Further, during heating of the joint, the coolant jetted out from the small coolant jetting hole 311 sufficiently cools the end face of the joint. Furthermore, the cooling liquid from the cooling liquid injection small hole 321 flows in the axial direction of the joint through the gap between the joint and the pedestal, and as a result, it sufficiently cools not only the outside of the joint but also its end face, as described above. The transfer surface can be reliably hardened without overheating or melting the specific end surface.

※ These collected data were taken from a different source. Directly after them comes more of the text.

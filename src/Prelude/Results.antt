-- ===== src/Prelude/Results.antt =====
-- Failure: what stops the program, and the chains of steps that may fail.
use Prim.Native.Nat.{ℕ, ◌/◌}
use mathlib.Core.Path.{◌≡◌, refl}
use mathlib.Core.Logic.{◌⊎◌, inl, inr}
use mathlib.Core.Bool.{Bool, true, false}
use hipace.Prelude.Tests.{◌==◌, if◌then◌else◌}

-- A failed AMREX_ALWAYS_ASSERT, a call of amrex::Abort, an integer division by zero, a read
-- through an index that is out of range, and a receive that no message answers.
pub data Error : Type 0 where
  assertion abort div_by_zero out_of_range no_message : Error

-- How a piece of the program ends: it is stopped by an error, or goes on with a value.
pub data Result {ℓ} (Value : Type ℓ) : Type ℓ where
  err : Error → Result Value
  ok : Value → Result Value

infixl 6 ◌>>=◌ ◌>>◌
-- The steps behind an error are not run.
abbrev pub ◌>>=◌ {κ ℓ} :
    {B : Type κ} {A : Type ℓ} (first : Result A) (then_run : A → Result B) → Result B
err stop >>= then_run = err stop
ok value >>= then_run = then_run value

-- A step for its effect on the outcome alone.
abbrev pub ◌>>◌ {κ} : {B : Type κ} (first : Result (Unit {0})) (second : Result B) → Result B
first >> second = first >>= λ _. second

-- AMREX_ALWAYS_ASSERT and AMREX_ALWAYS_ASSERT_WITH_MESSAGE.
abbrev pub always_assert : Bool → Result (Unit {0})
always_assert false = err Error.assertion
always_assert true = ok tt

-- `a / b` on `int`, for values that are not negative.
abbrev pub int_div : ℕ → ℕ → Result ℕ
int_div a b = if b == 0 then err Error.div_by_zero else ok (a / b)

module _ {ℓ} {A : Type ℓ} where
  -- To split on the outcome of a step and keep the equation.
  pub Result-cases : (m : Result A) → ((a : A) × (m ≡ ok a)) ⊎ ((e : Error) × (m ≡ err e))
  Result-cases (err e) = inr (e, refl)
  Result-cases (ok a) = inl (a, refl)

  pub ok-injective : {a b : A} → ok a ≡ ok b → a ≡ b
  ok-injective e = cc

  -- A chain that succeeds has a first step that does.
  pub >>=-eq-ok {κ} :
      {B : Type κ} (first : Result A) (then_run : A → Result B) {last : B}
      → (first >>= then_run) ≡ ok last
      → (a : A) × (first ≡ ok a) × (then_run a ≡ ok last)
  >>=-eq-ok (err stop) then_run done = cc
  >>=-eq-ok (ok value) then_run done = (value, refl, done)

[Brief explanation of drawings]

Fig. 1 is a perspective view of the main part of a joint which is an object to be heated related to the present invention, Fig. 2 is a high frequency heating coil which is a component of an induction hardening apparatus which is an embodiment of the present invention, and Fig. 3 is a Fig. 3 is a vertical sectional view showing the main parts when the joint is set in the induction hardening apparatus and is operated; 10... joint, 20... high frequency heating coil, 31... cradle, 311, 321... small hole for cooling liquid injection, 33... insulating spacer, 34... cooling tube.

Claims (1)

[Claims] 1. An induction hardening device for an integral constant velocity joint, which includes: a high frequency heating coil placed in a cavity of the integral constant velocity joint; a cooling liquid injection means for rapidly cooling the cavity for hardening; and an integral constant velocity joint. A pedestal on which the pedestal is placed, a means for insulating and isolating the pedestal and the integrated constant velocity joint at a predetermined interval, and an injection hole in the jacket provided externally and an injection hole provided approximately perpendicular to the pedestal, the integrated type etc. An induction hardening device characterized by comprising means for cooling an end face of a quick joint.